> The task: Below are some records. Print exactly the lines between the one holding "pub same_title : c.title ≡ squash title" and the one holding "rows → P saved)", inclusive, and nothing else.

##### Information shown #####

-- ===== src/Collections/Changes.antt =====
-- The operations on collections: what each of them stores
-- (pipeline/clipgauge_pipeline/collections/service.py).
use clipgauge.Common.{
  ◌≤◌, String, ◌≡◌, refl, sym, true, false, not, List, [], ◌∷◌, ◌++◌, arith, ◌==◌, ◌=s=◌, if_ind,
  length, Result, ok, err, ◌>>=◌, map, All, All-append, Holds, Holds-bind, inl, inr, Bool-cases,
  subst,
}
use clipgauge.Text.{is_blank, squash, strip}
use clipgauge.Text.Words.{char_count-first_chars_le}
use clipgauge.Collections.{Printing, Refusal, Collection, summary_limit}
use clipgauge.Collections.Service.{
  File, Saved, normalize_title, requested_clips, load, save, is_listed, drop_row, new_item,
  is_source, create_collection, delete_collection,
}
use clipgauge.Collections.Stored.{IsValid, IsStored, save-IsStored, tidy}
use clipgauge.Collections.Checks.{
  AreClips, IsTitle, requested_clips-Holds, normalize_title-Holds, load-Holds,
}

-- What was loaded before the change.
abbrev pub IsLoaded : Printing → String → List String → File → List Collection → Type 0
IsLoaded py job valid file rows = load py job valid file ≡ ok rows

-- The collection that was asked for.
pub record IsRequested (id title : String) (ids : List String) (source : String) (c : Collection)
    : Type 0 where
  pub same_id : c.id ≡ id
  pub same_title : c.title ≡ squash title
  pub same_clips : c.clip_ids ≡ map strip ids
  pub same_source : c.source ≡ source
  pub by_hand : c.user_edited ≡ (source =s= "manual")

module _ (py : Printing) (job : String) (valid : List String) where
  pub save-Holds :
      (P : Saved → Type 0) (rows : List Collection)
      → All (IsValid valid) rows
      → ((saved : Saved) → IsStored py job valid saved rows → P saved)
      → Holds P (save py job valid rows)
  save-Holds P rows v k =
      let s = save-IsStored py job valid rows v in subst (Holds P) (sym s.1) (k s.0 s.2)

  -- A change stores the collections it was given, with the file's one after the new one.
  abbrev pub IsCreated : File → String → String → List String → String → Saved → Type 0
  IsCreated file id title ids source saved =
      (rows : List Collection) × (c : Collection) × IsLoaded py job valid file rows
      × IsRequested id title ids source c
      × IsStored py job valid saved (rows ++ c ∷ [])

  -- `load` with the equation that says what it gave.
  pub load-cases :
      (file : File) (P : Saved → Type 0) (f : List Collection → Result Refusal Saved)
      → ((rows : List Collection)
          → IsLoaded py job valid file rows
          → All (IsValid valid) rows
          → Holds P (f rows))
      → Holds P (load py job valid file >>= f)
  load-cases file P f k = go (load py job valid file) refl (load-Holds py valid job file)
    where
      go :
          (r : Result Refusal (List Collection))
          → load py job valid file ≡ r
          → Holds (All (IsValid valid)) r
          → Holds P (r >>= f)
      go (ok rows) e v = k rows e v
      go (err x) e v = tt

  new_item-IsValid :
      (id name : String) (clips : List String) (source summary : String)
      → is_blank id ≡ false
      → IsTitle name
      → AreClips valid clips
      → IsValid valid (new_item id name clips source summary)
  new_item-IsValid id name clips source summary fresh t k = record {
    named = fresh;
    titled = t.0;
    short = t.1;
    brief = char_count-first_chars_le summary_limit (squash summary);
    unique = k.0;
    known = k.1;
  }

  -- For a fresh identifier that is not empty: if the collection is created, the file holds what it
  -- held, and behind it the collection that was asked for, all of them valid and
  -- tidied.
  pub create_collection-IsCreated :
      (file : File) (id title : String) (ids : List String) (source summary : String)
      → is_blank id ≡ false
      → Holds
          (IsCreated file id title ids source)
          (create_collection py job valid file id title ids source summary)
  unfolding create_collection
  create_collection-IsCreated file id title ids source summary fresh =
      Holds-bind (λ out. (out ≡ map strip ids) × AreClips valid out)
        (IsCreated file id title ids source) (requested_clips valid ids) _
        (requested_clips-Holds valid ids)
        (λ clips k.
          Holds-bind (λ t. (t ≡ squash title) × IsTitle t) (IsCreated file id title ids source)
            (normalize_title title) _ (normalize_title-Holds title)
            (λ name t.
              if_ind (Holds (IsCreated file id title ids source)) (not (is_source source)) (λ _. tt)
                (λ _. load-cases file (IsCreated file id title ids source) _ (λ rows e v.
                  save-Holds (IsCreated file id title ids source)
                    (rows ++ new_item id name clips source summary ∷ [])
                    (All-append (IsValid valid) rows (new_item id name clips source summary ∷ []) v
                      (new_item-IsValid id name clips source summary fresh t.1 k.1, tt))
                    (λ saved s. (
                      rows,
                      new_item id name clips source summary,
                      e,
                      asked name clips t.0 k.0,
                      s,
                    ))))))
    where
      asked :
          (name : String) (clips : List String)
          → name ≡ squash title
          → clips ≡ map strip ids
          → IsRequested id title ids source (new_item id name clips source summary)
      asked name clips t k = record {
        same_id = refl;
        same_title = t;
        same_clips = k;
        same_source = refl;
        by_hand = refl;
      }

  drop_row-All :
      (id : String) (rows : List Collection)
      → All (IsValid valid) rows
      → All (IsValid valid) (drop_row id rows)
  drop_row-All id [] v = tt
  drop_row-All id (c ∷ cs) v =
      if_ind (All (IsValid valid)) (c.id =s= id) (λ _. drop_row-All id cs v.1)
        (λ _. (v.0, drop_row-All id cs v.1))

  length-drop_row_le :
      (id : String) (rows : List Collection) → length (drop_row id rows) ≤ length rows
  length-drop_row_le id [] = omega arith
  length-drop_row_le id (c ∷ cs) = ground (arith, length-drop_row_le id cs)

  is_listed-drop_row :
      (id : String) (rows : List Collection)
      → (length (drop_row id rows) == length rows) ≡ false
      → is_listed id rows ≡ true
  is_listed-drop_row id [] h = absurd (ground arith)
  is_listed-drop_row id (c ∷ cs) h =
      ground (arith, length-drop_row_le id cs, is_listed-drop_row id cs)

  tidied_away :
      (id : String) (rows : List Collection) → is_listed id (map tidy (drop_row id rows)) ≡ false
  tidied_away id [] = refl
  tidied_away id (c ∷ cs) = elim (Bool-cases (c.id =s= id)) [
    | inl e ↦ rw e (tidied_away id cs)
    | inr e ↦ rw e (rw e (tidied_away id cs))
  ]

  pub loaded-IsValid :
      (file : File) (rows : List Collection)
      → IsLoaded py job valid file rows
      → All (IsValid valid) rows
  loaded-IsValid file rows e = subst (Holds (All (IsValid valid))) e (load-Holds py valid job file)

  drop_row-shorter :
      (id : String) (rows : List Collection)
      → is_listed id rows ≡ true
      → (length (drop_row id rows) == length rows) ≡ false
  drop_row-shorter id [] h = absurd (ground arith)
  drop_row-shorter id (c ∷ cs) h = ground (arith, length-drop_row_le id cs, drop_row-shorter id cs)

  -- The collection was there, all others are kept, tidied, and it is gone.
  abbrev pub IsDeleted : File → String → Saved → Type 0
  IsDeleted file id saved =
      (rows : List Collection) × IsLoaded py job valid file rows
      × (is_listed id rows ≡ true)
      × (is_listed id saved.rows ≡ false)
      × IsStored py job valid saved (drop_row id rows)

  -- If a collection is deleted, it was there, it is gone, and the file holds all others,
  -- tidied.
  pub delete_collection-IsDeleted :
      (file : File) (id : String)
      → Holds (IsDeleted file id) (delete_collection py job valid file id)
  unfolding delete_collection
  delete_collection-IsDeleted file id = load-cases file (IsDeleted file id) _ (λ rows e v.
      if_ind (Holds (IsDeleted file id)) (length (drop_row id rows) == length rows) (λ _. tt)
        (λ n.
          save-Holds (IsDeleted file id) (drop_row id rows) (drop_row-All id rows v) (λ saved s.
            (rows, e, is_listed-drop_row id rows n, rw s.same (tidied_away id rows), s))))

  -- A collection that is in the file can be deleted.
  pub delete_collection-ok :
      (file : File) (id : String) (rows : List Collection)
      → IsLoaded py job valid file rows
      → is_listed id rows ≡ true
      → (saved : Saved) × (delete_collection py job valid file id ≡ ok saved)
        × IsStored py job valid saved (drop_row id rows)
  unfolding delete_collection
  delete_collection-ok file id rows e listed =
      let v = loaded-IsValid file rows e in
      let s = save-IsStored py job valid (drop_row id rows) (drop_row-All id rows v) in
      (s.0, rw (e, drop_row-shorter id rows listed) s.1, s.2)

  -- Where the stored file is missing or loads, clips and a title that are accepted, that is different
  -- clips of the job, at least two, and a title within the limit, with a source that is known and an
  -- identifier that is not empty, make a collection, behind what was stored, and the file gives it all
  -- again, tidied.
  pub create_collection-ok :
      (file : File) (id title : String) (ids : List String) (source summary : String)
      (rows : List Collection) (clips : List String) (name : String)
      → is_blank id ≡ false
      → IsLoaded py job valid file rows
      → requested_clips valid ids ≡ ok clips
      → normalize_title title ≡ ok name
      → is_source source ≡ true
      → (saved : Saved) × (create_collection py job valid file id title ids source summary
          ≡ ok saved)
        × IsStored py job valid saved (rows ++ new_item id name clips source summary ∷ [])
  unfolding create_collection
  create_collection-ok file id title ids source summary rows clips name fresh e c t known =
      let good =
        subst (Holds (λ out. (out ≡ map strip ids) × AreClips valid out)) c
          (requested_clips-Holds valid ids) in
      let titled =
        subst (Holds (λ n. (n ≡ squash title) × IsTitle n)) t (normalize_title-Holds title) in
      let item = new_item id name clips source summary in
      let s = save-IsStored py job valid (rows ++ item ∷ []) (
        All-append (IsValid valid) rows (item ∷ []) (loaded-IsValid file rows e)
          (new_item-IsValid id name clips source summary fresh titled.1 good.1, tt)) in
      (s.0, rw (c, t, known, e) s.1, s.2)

#####

> Answer to the exercise:
  pub same_title : c.title ≡ squash title
  pub same_clips : c.clip_ids ≡ map strip ids
  pub same_source : c.source ≡ source
  pub by_hand : c.user_edited ≡ (source =s= "manual")

module _ (py : Printing) (job : String) (valid : List String) where
  pub save-Holds :
      (P : Saved → Type 0) (rows : List Collection)
      → All (IsValid valid) rows
      → ((saved : Saved) → IsStored py job valid saved rows → P saved)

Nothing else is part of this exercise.